1/80スケールの鉄道模型を手がける方なら、「エコーモデル」の名前を知らなかろうはずがありません。1960?1970年代初頭のTMS誌上で、信じられないような工作力とセンスで次々とレイアウトやストラクチャーを発表された阿部敏幸さんが「エコーモデル」を創業されてから35年、その気さくなお人柄と圧倒的な品揃えは、モデラーにとってずっと何ものにも代えがたい存在であり続けてきました。

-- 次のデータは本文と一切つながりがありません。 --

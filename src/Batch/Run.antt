-- ===== src/Batch/Run.antt =====
-- `_run_one`, `run_batch` and `_add_to_group_then_watch`. A child process is a parameter: how it ends
-- and what it prints, within a timeout. The children of a phase run side by side; each has its own
-- log and result, so the order in which they end does not show in the results. A child that cannot be
-- run is an `OSError`, which ends the batch when the others have ended. The keyboard interrupt and the
-- report are not modelled; the directories and the roster are taken to be written.
use relops_bootstrap.Prelude.{
  ℕ, suc, ◌+◌, Bool, true, false, ◌&&◌, not, Option, none, some, List, [], ◌∷◌, Text, is_empty, map,
  length, min, ◌==◌, if◌then◌else◌, text_eq,
}
use relops_bootstrap.Settings.{Settings}
use relops_bootstrap.Effects.{Result, ok, err, reprovision_error, unknown_action}
use relops_bootstrap.Batch.Hosts.{unique}
use relops_bootstrap.Batch.Commands.{
  Action, add_to_group, quarantine_on_register, action_of, Options, Word, child_cmd, filled,
  last_meaningful_line,
}

-- A child ended with a code (negative or not), and its log holds a text; it was killed at the timeout;
-- or an `OSError` came of its log's file or of starting it.
pub data Exit : Type 0 where
  exited : Bool → ℕ → Text → Exit
  killed : Text → Exit
  not_run : Exit

abbrev pub Child : Type 0
Child = ℕ → List Word → Exit

pub data State : Type 0 where
  succeeded skipped failed : State

pub data Detail : Type 0 where
  nothing : Detail
  timed_out_after : ℕ → Detail
  line : Text → Detail
  exit_with : Bool → ℕ → Detail

pub record HostResult : Type 0 where
  pub hostname : Text
  pub state : State
  pub detail : Detail

unfoldable pub line_or_code : Text → Bool → ℕ → Detail
line_or_code text negative code = if is_empty text then exit_with negative code else line text

unfoldable pub state_of : Bool → ℕ → State
state_of negative code =
    if code == 0 then succeeded else if not negative && code == 2 then skipped else failed

-- `none` is the `OSError`.
unfoldable pub result_of : Text → ℕ → Exit → Option HostResult
unfolding line_or_code state_of
result_of host timeout not_run = none
result_of host timeout (killed text) =
    some (record { hostname = host; state = failed; detail = timed_out_after timeout })
result_of host timeout (exited negative code text) = some (record {
  hostname = host;
  state = state_of negative code;
  detail = (if code == 0 then nothing else line_or_code (last_meaningful_line text) negative code);
})

unfoldable pub run_one : Child → ℕ → Text → List Word → Option HostResult
unfolding result_of
run_one child timeout host cmd = result_of host timeout (child timeout cmd)

unfoldable pub add_result : Option HostResult → Option (List HostResult) → Option (List HostResult)
add_result (some r) (some rs) = some (r ∷ rs)
add_result _ _ = none

-- `future.result()` of each child: the results, unless one of them raises.
unfoldable pub gather : (Text → Option HostResult) → List Text → Option (List HostResult)
unfolding add_result
gather f [] = some []
gather f (host ∷ hosts) = add_result (f host) (gather f hosts)

unfoldable pub is_failed : State → Bool
is_failed failed = true
is_failed _ = false

unfoldable pub is_skipped : State → Bool
is_skipped skipped = true
is_skipped _ = false

-- `sum(1 for r in results.values() if r.state == "failed")`
unfoldable pub count_failed : List HostResult → ℕ
unfolding is_failed
count_failed [] = 0
count_failed (r ∷ rs) = let n = count_failed rs in if is_failed r.state then suc n else n

-- A phase: the children that it starts, how many at a time, and what became of them, by host, or `none`
-- for an `OSError`.
pub record Phase : Type 0 where
  pub action : Action
  pub concurrency : ℕ
  pub timeout : ℕ
  pub commands : List (List Word)
  pub results : Option (List HostResult)

-- `run_batch` for one action, its defaults filled in.
unfoldable pub one_phase : Child → Bool → Settings → Action → Options → List Text → Phase
one_phase child dry_run s action o hosts =
    let p = filled s action o in
    record {
      action = action;
      concurrency = p.concurrency;
      timeout = p.per_host_timeout;
      commands = map (child_cmd p action) hosts;
      results =
          (if dry_run
            then some []
            else gather (λ host. run_one child p.per_host_timeout host (child_cmd p action host))
                (unique [] hosts));
    }

unfoldable pub was_skipped : Text → List HostResult → Bool
unfolding is_skipped
was_skipped host [] = true
was_skipped host (r ∷ rs) =
    let rest = was_skipped host rs in if text_eq host r.hostname then is_skipped r.state else rest

-- `h in added and added[h].state != "skipped"`
unfoldable pub to_watch : List HostResult → List Text → List Text
unfolding was_skipped
to_watch added [] = []
to_watch added (host ∷ hosts) =
    let rest = to_watch added hosts in if was_skipped host added then rest else host ∷ rest

-- `_add_to_group_then_watch`: the options of its two phases.
unfoldable pub add_options : Settings → Options → Options
add_options s o = record o {
  concurrency =
      min (if o.concurrency == 0 then s.batch_max_concurrent else o.concurrency)
        s.simplemdm_max_concurrent;
  wait = true;
  quarantine_on_register = false;
  watch_max_wait_seconds = 0;
}

unfoldable pub watch_options : Settings → Options → List Text → Options
watch_options s o watch =
    let budget = s.bootstrap_max_wait_seconds + s.quarantine_on_register_max_wait_seconds in
    record o {
      concurrency = length watch;
      expected_os = [];
      allow_sip_enabled = false;
      wait = true;
      quarantine_on_register = false;
      watch_max_wait_seconds = budget;
      per_host_timeout = (if o.per_host_timeout == 0 then budget + 300 else o.per_host_timeout);
    }

unfoldable pub watch_phase : Child → Bool → Settings → Options → List Text → List Phase
watch_phase child dry_run s o [] = []
watch_phase child dry_run s o (h ∷ hs) =
    one_phase child dry_run s quarantine_on_register (watch_options s o (h ∷ hs)) (h ∷ hs) ∷ []

-- The second phase, unless the first one raised.
unfoldable pub then_watch :
    Child → Bool → Settings → Options → List Text → Option (List HostResult) → List Phase
unfolding watch_options watch_phase
then_watch child dry_run s o hosts none = []
then_watch child dry_run s o hosts (some added) =
    watch_phase child dry_run s o (if dry_run then hosts else to_watch added hosts)

unfoldable pub add_to_group_then_watch : Child → Bool → Settings → Options → List Text → List Phase
unfolding add_options then_watch
add_to_group_then_watch child dry_run s o hosts =
    let add = one_phase child dry_run s add_to_group (add_options s o) hosts in
    add ∷ then_watch child dry_run s o hosts add.results

unfoldable pub is_add_to_group : Action → Bool
is_add_to_group add_to_group = true
is_add_to_group _ = false

-- The phases of `run_batch`, in their order; after one that raised there is none.
unfoldable pub phases_of :
    Child → Bool → Settings → Options → List Text → Option Action → Result (List Phase)
unfolding is_add_to_group
phases_of child dry_run s o hosts none = err (reprovision_error unknown_action)
phases_of child dry_run s o hosts (some action) =
    if is_add_to_group action && o.quarantine_on_register
    then ok (add_to_group_then_watch child dry_run s o hosts)
    else ok (one_phase child dry_run s action o hosts ∷ [])

unfoldable pub run_batch :
    Child → Bool → Settings → Options → List Text → Text → Result (List Phase)
unfolding phases_of
run_batch child dry_run s o hosts action = phases_of child dry_run s o hosts (action_of action)

unfoldable pub add_failed : Option (List HostResult) → Option ℕ → Option ℕ
unfolding count_failed
add_failed (some results) (some n) = some (count_failed results + n)
add_failed _ _ = none

-- What `run_batch` returns: the hosts that failed, over its phases, unless one of these raised.
unfoldable pub total_failed : List Phase → Option ℕ
unfolding add_failed
total_failed [] = some 0
total_failed (p ∷ ps) = add_failed p.results (total_failed ps)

no2%2Camano.jpgそのエコーモデル初の単独エキジビション「エコーモデル・その世界」展が、来週6月4日(水曜日)から東京・丸の内のトレンドスポット「丸の内オアゾ」内の丸善丸の内本店ギャラリーで開催されます。昭和ブームのはるか以前、まさに昭和真っ只中のアマチュアの時代から、一貫して昭和30年代を中心とした温もりのある情景をレイアウト上に再現しようと努めてこられた阿部さんだけに、今回のエキジビションは“超ミニチュアで見る、昭和の情景”をサブタイトルに、ギャラリーすべてを1/80スケールの「昭和」で埋め尽くそうという壮大な目論見です。
▲エントリー作品から天野 宏さんの「昭和の情景」。リヤカー、電話ボックス、そしてお約束のミゼットが雰囲気を盛り上げる。P:RMM(青柳 明)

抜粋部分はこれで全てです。